After reviewing the scaffold, the adaptation is mechanical: the HIP device kernel already existed at feature/hip/float_motion/float_motion_score.hip (a warp-64 port of the CUDA twin), and the host-side changes follow the same hipModuleLoadData + hipModuleGetFunction + hipModuleLaunchKernel pattern established by ADR-0254 and ADR-0372. The only non-trivial aspect is the temporal state: blur[2] ping-pong (two hipMalloc float arrays) + ref_in staging buffer, with compute_sad=0 on the first frame and the prev_motion_score carry for motion2.
Decision¶
Promote float_motion_hip (emits VMAF_feature_motion_score and VMAF_feature_motion2_score) from -ENOSYS scaffold to a real HIP module-API consumer following ADR-0254 / ADR-0372.

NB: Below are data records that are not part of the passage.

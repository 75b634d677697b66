-- ===== src/Store/Fields.antt =====
-- The field validators of schema.py: each returns the value that it was given, or raises.
use Prim.Native.Char.{code}
use codex_ralph_vault_loop.Base.{
  ℕ, Bool, true, false, not, ◌&&◌, ◌||◌, none, some, List, [], ◌∷◌, String, ◌==◌, length, any,
  codes, after_prefix, eqb, ltb, leb, is_empty, text_length, all_codes, if◌then◌else◌,
}
use codex_ralph_vault_loop.Base.Int.{pos, negsuc}
use codex_ralph_vault_loop.Json.{
  Json, null, bool, int, text, arr, obj, Items, nil, cons, Dict, end, field, get_or, get, size,
  to_list,
}
use codex_ralph_vault_loop.Python.{Library, ok, err, require, strip}
use codex_ralph_vault_loop.Store.Checked.{schema, future_schema, red_content, Checked, ◌>>=◌, ◌>>◌}

-- `value in allowed`
abbrev pub is_one_of : List String → String → Bool
is_one_of [] s = false
is_one_of (a ∷ as') s = s == a || is_one_of as' s

abbrev in_range : ℕ → ℕ → ℕ → Bool
in_range lo hi c = leb lo c && leb c hi

abbrev is_digit : ℕ → Bool
is_digit c = in_range b'0' b'9' c

abbrev is_ascii_alnum : ℕ → Bool
is_ascii_alnum c = is_digit c || (in_range b'A' b'Z' c || in_range b'a' b'z' c)

-- `re.fullmatch` of a class and then a bounded run of a class
abbrev matches_run : (ℕ → Bool) → (ℕ → Bool) → ℕ → String → Bool
matches_run first rest limit String.[] = false
matches_run first rest limit (String.◌∷◌ c s) =
    first (code c) && (all_codes rest s && leb (text_length s) limit)

abbrev code_char : ℕ → Bool
code_char c = is_ascii_alnum c || (eqb c b'.' || (eqb c b'_' || (eqb c b':' || eqb c b'-')))

abbrev id_char : ℕ → Bool
id_char c = code_char c || eqb c b'/'

-- `_ID_RE`
unfoldable pub matches_id : String → Bool
matches_id = matches_run is_ascii_alnum id_char 95

-- `_CODE_RE`
unfoldable pub matches_code : String → Bool
matches_code = matches_run is_ascii_alnum code_char 63

abbrev is_hex : ℕ → Bool
is_hex c = is_digit c || in_range b'a' b'f' c

-- `_COMMIT_RE`
unfoldable pub matches_commit : String → Bool
matches_commit s = all_codes is_hex s && (leb 7 (text_length s) && leb (text_length s) 64)

abbrev all_hex : List ℕ → Bool
all_hex [] = true
all_hex (c ∷ cs) = is_hex c && all_hex cs

-- `_HASH_RE`
unfoldable pub matches_hash : String → Bool
matches_hash s = elim (after_prefix (codes "sha256:") (codes s)) [
  | none ↦ false
  | some cs ↦ eqb (length cs) 64 && all_hex cs
]

-- `cs.split("/")`: the first part and the others.
abbrev split_first : List ℕ → List ℕ × List (List ℕ)
split_first [] = ([], [])
split_first (c ∷ cs) =
    let r = split_first cs in if eqb c b'/' then ([], r.0 ∷ r.1) else (c ∷ r.0, r.1)

abbrev pub split_path : List ℕ → List (List ℕ)
split_path cs = let r = split_first cs in r.0 ∷ r.1

-- A part that is empty, `.` or `..`.
abbrev pub is_traversal : List ℕ → Bool
is_traversal [] = true
is_traversal (c ∷ []) = eqb c b'.'
is_traversal (c ∷ d ∷ []) = eqb c b'.' && eqb d b'.'
is_traversal (c ∷ d ∷ e ∷ cs) = false

abbrev starts_with_code : ℕ → List ℕ → Bool
starts_with_code c [] = false
starts_with_code c (d ∷ ds) = eqb d c

abbrev is_bad_component : List ℕ → Bool
is_bad_component cs = starts_with_code b'~' cs || any (λ c. ltb c 32) cs

abbrev is_control : ℕ → Bool
is_control c = ltb c 32 && not (eqb c 10 || eqb c 9)

-- `value == "" and allow_empty`
abbrev pub allowed_empty : Bool → Json → Bool
allowed_empty allow (text String.[]) = allow
allowed_empty allow v = false

-- `isinstance(value, str)`
abbrev pub as_text : Json → Checked String
as_text (text s) = ok s
as_text _ = err schema

-- `_object`
unfoldable pub object : Json → Checked Dict
object (obj d) = ok d
object _ = err schema

-- `_enum`
unfoldable pub enum : List String → Json → Checked String
enum allowed v = do s ← as_text v; require (is_one_of allowed s) schema; ok s

-- `_integer`; each minimum in the schema is a natural number
unfoldable pub integer : ℕ → Json → Checked ℕ
integer minimum (int (pos n)) = do require (leb minimum n) schema; ok n
integer minimum _ = err schema

unfoldable pub boolean : Json → Checked Bool
boolean (bool b) = ok b
boolean _ = err schema

-- `_schema_version`
unfoldable pub check_version : Dict → Checked (Unit {0})
unfolding get
check_version d = elim (get_or "schema_version" null d) [
  | int z ↦ elim z [
    | pos n ↦ if ltb 1 n then err future_schema else require (eqb n 1) schema
    | negsuc n ↦ err schema
  ]
  | _ ↦ err schema
]

-- `_unknown_keys`
unfoldable pub known_keys : List String → Dict → Bool
known_keys allowed end = true
known_keys allowed (field k v d) = is_one_of allowed k && known_keys allowed d

-- `_hash`
unfoldable pub hash_text : Bool → Json → Checked String
hash_text allow_empty v =
    if allowed_empty allow_empty v
    then ok ""
    else do s ← as_text v; require (matches_hash s) schema; ok s

-- `_code_list`
unfoldable pub code_items : Items → Checked (List String)
code_items nil = ok []
code_items (cons v vs) = do
  s ← as_text v
  require (matches_code s) schema
  rest ← code_items vs
  ok (s ∷ rest)

unfoldable pub items : ℕ → Json → Checked Items
items limit (arr xs) = do require (leb (length (to_list xs)) limit) schema; ok xs
items limit _ = err schema

unfoldable pub code_list : ℕ → Json → Checked (List String)
code_list limit v = do xs ← items limit v; code_items xs

abbrev pub valid_validation : List String
valid_validation = "not_run" ∷ "pending" ∷ "partial" ∷ "pass" ∷ "fail" ∷ "blocked" ∷ []

unfoldable pub validation_fields : Dict → Checked Dict
validation_fields end = ok end
validation_fields (field k v d) = do
  require (matches_code k) schema
  s ← enum valid_validation v
  rest ← validation_fields d
  ok (field k (text s) rest)

-- `_validation`
unfoldable pub validation : Json → Checked Dict
validation v = do d ← object v; require (leb (size d) 16) schema; validation_fields d

-- The validators that refuse RED content, for a classifier of texts.
module _ (py : Library) (is_red : String → Bool) where
  -- `_text`
  unfoldable pub bounded_text : ℕ → Bool → Json → Checked String
  bounded_text limit allow_empty v = do
    s ← as_text v
    require (allow_empty || not (is_empty (strip py s))) schema
    require (leb (text_length s) limit) schema
    require (not (any is_control (codes s))) schema
    require (not (is_red s)) red_content
    ok s

  -- `_timestamp`
  unfoldable pub timestamp_text : Bool → Json → Checked String
  timestamp_text allow_empty v = bounded_text 64 allow_empty v

  -- `_identifier`
  unfoldable pub identifier : Bool → Json → Checked String
  identifier allow_empty v = if allowed_empty allow_empty v then ok "" else do
    s ← as_text v
    require (matches_id s) schema
    require (not (is_red s)) red_content
    ok s

  -- `_plan_id`
  unfoldable pub plan_id : Bool → Json → Checked String
  plan_id allow_empty v = if allowed_empty allow_empty v then ok "" else do
    s ← as_text v
    let cs = codes s
    require
        (not (is_empty s)
          && (leb (text_length s) 180
              && (not (any (λ c. eqb c 92) cs) && not (starts_with_code b'/' cs))))
        schema
    require (leb (length (split_path cs)) 8 && not (any is_traversal (split_path cs))) schema
    require (not (any is_bad_component (split_path cs))) schema
    require (not (is_red s)) red_content
    ok s

  -- `_repo_relative_path`
  unfoldable pub repo_path : Bool → Json → Checked String
  repo_path allow_empty v = if allowed_empty allow_empty v then ok "" else do
    s ← as_text v
    let cs = codes s
    require
        (not (is_empty s)
          && (leb (text_length s) 320
              && (not (starts_with_code b'/' cs) && not (any (λ c. eqb c 92) cs))))
        schema
    require (not (any is_traversal (split_path cs))) schema
    require (not (is_red s)) red_content
    ok s

  unfoldable pub text_items : ℕ → Items → Checked (List String)
  text_items limit nil = ok []
  text_items limit (cons v vs) = do
    s ← bounded_text limit false v
    rest ← text_items limit vs
    ok (s ∷ rest)

  -- `_text_list`
  unfoldable pub text_list : ℕ → ℕ → Json → Checked (List String)
  text_list max_items limit v = do xs ← items max_items v; text_items limit xs

  unfoldable pub path_items : Items → Checked (List String)
  path_items nil = ok []
  path_items (cons v vs) = do s ← repo_path false v; rest ← path_items vs; ok (s ∷ rest)

  -- `_path_list`
  unfoldable pub path_list : ℕ → Json → Checked (List String)
  path_list max_items v = do xs ← items max_items v; path_items xs

  -- `_reject_red`
  unfoldable pub reject_red : Dict → Checked (Unit {0})
  reject_red d = require (not (is_red (py.dumps (obj d)))) red_content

Key implementation choices:
-
Struct layout: Replace the three
uintptr_topaque slots (ref_in,blur[0],blur[1]) with realvoid *device pointers allocated viahipMalloc. Module and per-bpc function handles (hipModule_t module,hipFunction_t funcbpc8/funcbpc16) added inside#ifdef HAVE_HIPCC. -
Helper extraction:
fm_hip_bufs_allocandfm_hip_bufs_freeare extracted to keepinit_fex_hipunder the 60-line function-size limit.fm_hip_bufs_freealso unloads the module (single point of teardown). -
Temporal logic:
compute_sad=0on the first frame (no previous blur available; kernel writescur_blurbut partials are all 0.0 by contract).collect()emitsmotion2_score = min(prev, cur)atindex - 1andflush()emits the tailmotion2_scoreats->index. Mirrors the CUDA twin'sflush_fex_cudaexactly. -
HtoD copy:
hipMemcpy2DAsyncwithhipMemcpyHostToDevicebecause pictures arrive as CPUVmafPictures (VMAF_FEATURE_EXTRACTOR_HIPflag not yet set — same posture as all prior HIP consumers). -
Meson:
float_motion_scoreadded tohip_kernel_sourcesinsrc/meson.buildsohipcc --genco+xxd -iembed the HSACO blob at build time whenenable_hipcc=true. -
Non-HAVE_HIPCC path: scaffold posture preserved;
init()returns-ENOSYSvia the template helpers,submit()callsvmaf_hip_kernel_submit_pre_launchand returns-ENOSYS,collect()andflush()return-ENOSYS/1respectively. CPU-only CI is unaffected.
Alternatives considered¶
| Option | Pros | Cons | Why not chosen |
|---|---|---|---|
Port float_moment_hip as batch-2 instead | Stateless, simpler | Kernel already implemented; float_moment_hip.c needs its own HAVE_HIPCC promotion separately | Both can land; float_motion is higher priority (used by VMAF models directly) |
Port float_ssim_hip | Completes more extractors | Two-pass design, five intermediate device buffers, three kernel functions; non-trivial ABI | Per per-task guidance: STOP if bit-exactness is not trivially clear |
Keep motion_hip (the old raw-API stub) | No change | It uses a different API shape and is not a VmafFeatureExtractor consumer | It is a separate implementation; float_motion_hip is the correct consumer |
Consequences¶
- Positive:
float_motion_hipis now a real kernel consumer. HIP extractor count rises from 3/11 real (ADR-0372) to 4/11 real.VMAF_feature_motion_scoreandVMAF_feature_motion2_scoreare now GPU-accelerated on ROCm. - Neutral:
float_ssim_hip,float_moment_hip,integer_motion_v2_hip,adm_hip,vif_hip,ciede_hipremain at-ENOSYSscaffold posture. - Follow-up:
float_moment_hipandinteger_motion_v2_hipare the next simplest batch-3 candidates (the device kernels already exist).
References¶
- ADR-0273 (
float_motion_hipseventh consumer scaffold). - ADR-0372 (HIP batch-1:
integer_psnr_hip+float_ansnr_hip). - ADR-0254 (
float_psnr_hipcanonical HIP module-API pattern). - paraphrased: the user requested recovery of the previous batch-2 agent's work on
float_motion_hip— promoting the host TU from-ENOSYSscaffold to a real HIP module-API consumer using the kernel already present infloat_motion/float_motion_score.hip.